Meta-learning does indeed learn a bias over a distribution of tasks, enabling faster adaptation to new tasks. But meta-learning itself also has an inductive bias: it carries assumptions about the task distribution (e.g., "tasks share common structure") regarding "what kind of bias performs well on the task distribution." If we make meta-learning itself an object of learning (meta-meta-learning), this chain has no end — each layer requires its own inductive bias, and each layer's inductive bias must come from external input.
This is fully parallel to the Gödelian structure: adding
This is the entrance to Chapter 22. The convergence point of the eight boundaries is in Chapter 25.
Unresolved
If Kolmogorov complexity is uncomputable, does MDL still have meaning? The uncomputability of Kolmogorov complexity means it is an ideal, not an algorithm. But mathematics is full of such ideals: optimal decisions, perfect information, infinite precision. Ideals need not be computable; they are needed as benchmarks — telling us how far actual algorithms are from the optimum. The computable approximations of MDL are finite approximations to this ideal; the existence of the ideal itself makes the word "approximation" meaningful.
Is generalization truly equivalent to compression? The MDL framework suggests: a model that cannot compress training data will not generalize; a model that can compress will generalize. But this equivalence does not always hold in the practice of deep learning — some large-scale models "memorize" data while also generalizing well. This tension points to an unresolved theoretical problem: what exactly is the generalization mechanism of deep learning?

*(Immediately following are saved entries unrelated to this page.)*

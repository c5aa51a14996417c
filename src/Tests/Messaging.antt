-- ===== src/Tests/Messaging.antt =====
-- Messages of the property tests of wincode-dynamic/src/lib.rs, and values that are compared.
use wincode_dynamic.Prelude.{
  negsuc, ◌≡◌, ◌↔◌, ◌++◌, ◌==◌, refl, true, false, List, [], ◌∷◌, map, arith,
}
use wincode_dynamic.Wincode.{Cow, Primitive, ok, size_of}
use wincode_dynamic.Wincode.Slice.{ByteReader, slices, is_ascii}
use wincode_dynamic.Wincode.Slice.Lawful.{slices_laws, slice}
use wincode_dynamic.Value.{Value}
use wincode_dynamic.Value.Eq.{Floats, eq, element_eq, int_eq}
use wincode_dynamic.Value.Contents.{into_owned, eq-contents}
use wincode_dynamic.Fields.{Field, Fields}
use wincode_dynamic.Fields.Drain.{finished, collect}
use wincode_dynamic.Decoder.{decoder, fields}
use wincode_dynamic.Decoder.RoundTrip.{encode}
use wincode_dynamic.Decoder.Contents.{field_contents, decode-contents}
use wincode_dynamic.Messages.{
  StructMessage, arbitrary_struct_fields_match, primitive_vector_property,
}
use wincode_dynamic.Messages.Structs.{IsStructMessage, arbitrary_struct_fields_match_lem}
use wincode_dynamic.Messages.Vectors.{primitive_vector_property_lem}
use wincode_dynamic.Derive.Reflect.{to_value, rows}
use wincode_dynamic.Tests.Data.{message, message_root, message-IsWritable, trailer}

-- Floats compared by their bits.
abbrev bitwise : Floats
bitwise = record { f32_eq = λ m n. m == n; f64_eq = λ m n. m == n }

-- The message of `struct_roundtrip`'s kind.
abbrev sample : StructMessage
sample = record {
  a = 123;
  b = true;
  vals = 1 ∷ 2 ∷ 3 ∷ [];
  str = 104 ∷ 105 ∷ [];
  bytes = 7 ∷ [];
  ar = 444 ∷ 444 ∷ 444 ∷ 444 ∷ [];
  ar_bytes = 43 ∷ 43 ∷ 43 ∷ 43 ∷ 43 ∷ 43 ∷ 43 ∷ 43 ∷ [];
}

sample-IsStructMessage : IsStructMessage slices slices_laws sample
unfolding to_value rows is_ascii size_of
sample-IsStructMessage = (
  omega arith,
  (
    tt,
    (
      ((omega arith, (omega arith, (omega arith, tt))), omega arith),
      (
        (refl, omega arith),
        (
          ((omega arith, tt), omega arith),
          (
            ((omega arith, (omega arith, (omega arith, (omega arith, tt)))), omega arith, refl),
            (
              (
                (
                  omega arith,
                  (
                    omega arith,
                    (
                      omega arith,
                      (omega arith, (omega arith, (omega arith, (omega arith, (omega arith, tt))))),
                    ),
                  ),
                ),
                omega arith,
                refl,
              ),
              tt,
            ),
          ),
        ),
      ),
    ),
  ),
)

arbitrary_struct_fields_match_lem_example :
    arbitrary_struct_fields_match bitwise slices sample ≡ true
arbitrary_struct_fields_match_lem_example =
    arbitrary_struct_fields_match_lem bitwise slices slices_laws sample sample-IsStructMessage

primitive_vector_property_lem_example :
    primitive_vector_property bitwise slices Primitive.i16 (negsuc 4 ∷ negsuc 0 ∷ []) ≡ true
unfolding element_eq int_eq
primitive_vector_property_lem_example =
    primitive_vector_property_lem bitwise slices slices_laws Primitive.i16
      (negsuc 4 ∷ negsuc 0 ∷ []) (λ e. cc) (omega arith, (omega arith, tt)) (omega arith)
      (refl, (refl, tt))

eq-contents_example :
    (eq bitwise (Value.bytes (Cow.borrowed (7 ∷ []))) (Value.bytes (Cow.owned (7 ∷ []))) ≡ true) ↔ (
      into_owned (Value.bytes (Cow.borrowed (7 ∷ [])))
      ≡ into_owned (Value.bytes (Cow.owned (7 ∷ []))))
eq-contents_example =
    eq-contents bitwise (Value.bytes (Cow.borrowed (7 ∷ []))) (Value.bytes (Cow.owned (7 ∷ []))) tt

-- A reader that cannot lend its bytes.
abbrev cursor : ByteReader
cursor = record { bytes = encode slices message ++ []; backing = false }

decode-contents_example :
    (it it' : Fields slices.Reader) × (fs gs : List Field) × (fields slices
        (decoder message_root)
        (slice (encode slices message ++ trailer))
      ≡ ok it)
    × (fields slices (decoder message_root) cursor ≡ ok it')
    × ((collect slices 4 it).0 ≡ finished (ok fs))
    × ((collect slices 4 it').0 ≡ finished (ok gs))
    × (map field_contents fs ≡ map field_contents gs)
decode-contents_example =
    decode-contents slices slices_laws message_root message
      (slice (encode slices message ++ trailer)) cursor trailer [] refl message-IsWritable refl refl
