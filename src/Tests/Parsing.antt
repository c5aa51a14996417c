-- ===== src/Tests/Parsing.antt =====
-- Single values: payloads, sizes and limits.
use wincode_dynamic.Prelude.{
  take, drop, usize_mod, ◌≤◌, ℕ, ◌*◌, ◌^◌, ◌≡◌, ◌<◌, refl, true, false, List, [], ◌∷◌, ◌++◌, length,
  some, checked_mul, arith,
}
use wincode_dynamic.Wincode.{Bytes, Primitive, ReadError, ok, err, Cow, size_of}
use wincode_dynamic.Wincode.Laws.{Takes}
use wincode_dynamic.Wincode.Facts.{put_all}
use wincode_dynamic.Parse.Exact.{read_primitive_payload-ok}
use wincode_dynamic.Wincode.Slice.{
  check_limit, ByteReader, slices, le_bytes, take_bytes, take_payload,
}
use wincode_dynamic.Wincode.Slice.Lawful.{slices_laws, slice}
use wincode_dynamic.PrimitiveTy
use wincode_dynamic.PrimitiveTy.{PrimitiveTy, type_of}
use wincode_dynamic.Ty.{size as ty_size, type_of as ty_of, Ty, FieldType}
use wincode_dynamic.Value.{size as value_size, Value, PrimitiveValue}
use wincode_dynamic.Lazy.{new_unchecked}
use wincode_dynamic.Read.{read_vec}
use wincode_dynamic.Read.Uniform.{primitive_value_of}
use wincode_dynamic.Read.RoundTrip.{read_vec-put_all}
use wincode_dynamic.Parse.{parse, read_byte_payload, read_primitive_payload}
use wincode_dynamic.Parse.RoundTrip.{serialize, decoded, parse-serialize}
use wincode_dynamic.Parse.Size.{size-serialize, size_wraps}
use wincode_dynamic.Tests.Data.{trailer, pair_vec}

-- A cursor over a vector, which lends nothing.
abbrev cursor : Bytes → ByteReader
cursor xs = record { bytes = xs; backing = false }

abbrev pair : FieldType
pair = FieldType.array Primitive.u16 2

abbrev pair_values : List ℕ
pair_values = 1 ∷ 2 ∷ []

abbrev input : ByteReader
input = cursor (serialize slices pair pair_values ++ trailer)

parse-serialize_example :
    Takes
      (λ r. r.bytes)
      (λ r. r.backing)
      input
      (parse slices (ty_of pair) input)
      (decoded slices false pair pair_values)
      trailer
unfolding size_of
parse-serialize_example =
    parse-serialize slices slices_laws pair pair_values input trailer
      ((omega arith, (omega arith, tt)), omega arith, refl) refl

parse_pair :
    (parse slices (Ty.array PrimitiveTy.u16 2) (slice (1 ∷ 0 ∷ 2 ∷ 0 ∷ []))).0
    ≡ ok (Value.vec pair_vec)
unfolding parse new_unchecked take_payload take_bytes checked_mul PrimitiveTy.size
parse_pair = refl

size-serialize_example :
    (length (serialize slices pair pair_values) ≡ 4)
    × (value_size (decoded slices true pair pair_values) ≡ 4)
unfolding size_of ty_size ty_of
size-serialize_example =
    size-serialize slices slices_laws pair pair_values true 4
      ((omega arith, (omega arith, tt)), omega arith, refl) refl

u16-ne-u8 : PrimitiveTy.u16 ≡ PrimitiveTy.u8 → ⊥
u16-ne-u8 e = cc

size_wraps_example :
    (n : ℕ) × (ty_size (Ty.array PrimitiveTy.u16 (2 ^ 63)) ≡ some n)
    × (n < 2 ^ 63 * PrimitiveTy.size PrimitiveTy.u16)
    × (parse slices (Ty.array PrimitiveTy.u16 (2 ^ 63)) (slice trailer)
        ≡ (err (ReadError.length_encoding_overflow "usize::MAX"), slice trailer))
unfolding PrimitiveTy.size
size_wraps_example =
    size_wraps slices slices_laws PrimitiveTy.u16 (2 ^ 63) (slice trailer) u16-ne-u8 (omega arith)

abbrev pair_input : Bytes
pair_input = 1 ∷ 0 ∷ 2 ∷ 0 ∷ trailer

read_pair :
    (read_primitive_payload slices PrimitiveTy.u16 2 (slice pair_input)).0 ≡ ok (Value.vec pair_vec)
unfolding read_primitive_payload new_unchecked take_payload take_bytes checked_mul PrimitiveTy.size
read_pair = refl

read_primitive_payload-ok_example :
    (pair_vec
      ≡ record { ty = PrimitiveTy.u16; payload = Cow.borrowed (take 4 pair_input); len = 2 })
    × ((read_primitive_payload slices PrimitiveTy.u16 2 (slice pair_input)).1.bytes
        ≡ drop 4 pair_input)
    × (4 ≤ 5)
    × (4 < usize_mod)
unfolding PrimitiveTy.size
read_primitive_payload-ok_example =
    read_primitive_payload-ok slices slices_laws PrimitiveTy.u16 2 (slice pair_input) pair_vec
      read_pair

read_two : (read_byte_payload slices 2 (cursor (1 ∷ 2 ∷ trailer))).0 ≡ ok (Cow.owned (1 ∷ 2 ∷ []))
unfolding read_byte_payload take_payload take_bytes check_limit
read_two = refl

read_vec-put_all_example :
    ((read_vec slices PrimitiveTy.u16
        (slice (le_bytes 8 2 ++ (put_all slices Primitive.u16 pair_values ++ trailer)))).0
      ≡ ok (PrimitiveValue.u16 1 ∷ PrimitiveValue.u16 2 ∷ []))
    × ((read_vec slices PrimitiveTy.u16
          (slice (le_bytes 8 2 ++ (put_all slices Primitive.u16 pair_values ++ trailer)))).1.bytes
        ≡ trailer)
unfolding type_of primitive_value_of
read_vec-put_all_example =
    read_vec-put_all slices slices_laws Primitive.u16 pair_values
      (slice (le_bytes 8 2 ++ (put_all slices Primitive.u16 pair_values ++ trailer))) trailer
      (omega arith, (omega arith, tt)) (omega arith) refl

Can inductive bias be learned? If learning is inverse inference, then the matter of "what hypothesis space is good" — can this also be learned? Meta-learning attempts to learn a good inductive bias over a distribution of tasks, enabling the model to adapt faster on new tasks. But meta-learning itself also has an inductive bias — is this an infinite regress, or can it stop at some level?
Exercises
★ Warm-up
Of the following two strings, which has lower Kolmogorov complexity? Only an intuitive judgment and a one-sentence justification are required; no specific numerical computation is needed.
0101010101010101010101010101010101010101(40 characters, alternating 01)1101001000011010110101010001010001000010(40 random characters)
Also think about this question: for a "completely random" string, what is its Kolmogorov complexity approximately? How does it compare to the length of the string itself?
★★ Derivation
Compression and generalization: One model has zero error on the training set, but large error on the test set (overfitting); another has 5% error on training, also 5% on test (good generalization). Use MDL language to describe the difference: which one compressed the data? Which one memorized the data? What does the "description length of the overfitting model" and the "description length of the generalizing model" each contain?
Making inductive bias explicit: Linear regression, decision trees, and neural networks (with L2 regularization) — these three learning algorithms each implicitly what inductive bias? Describe in terms of "what kind of regularities are preferentially chosen." Under what type of data would each bias systematically fail?
★★★ Challenge
Kolmogorov complexity is uncomputable (because it is equivalent to the halting problem). This means: no algorithm can, for any two hypotheses, determine in finitely many steps which is simpler.
Yet MDL is used in practice, with computable approximate versions. Try to list at least two computable "description length" approximation schemes, and analyze: what inductive bias does each approximation implicitly correspond to? Under what circumstances would different approximation schemes give different "optimal hypotheses"?
The purpose of this question is: translate "hyperparameter selection" into "inductive bias selection," then translate that into "implicit commitments about what counts as simple" — after doing these three layers of translation, say whether your view on the "objectivity" of machine learning has changed.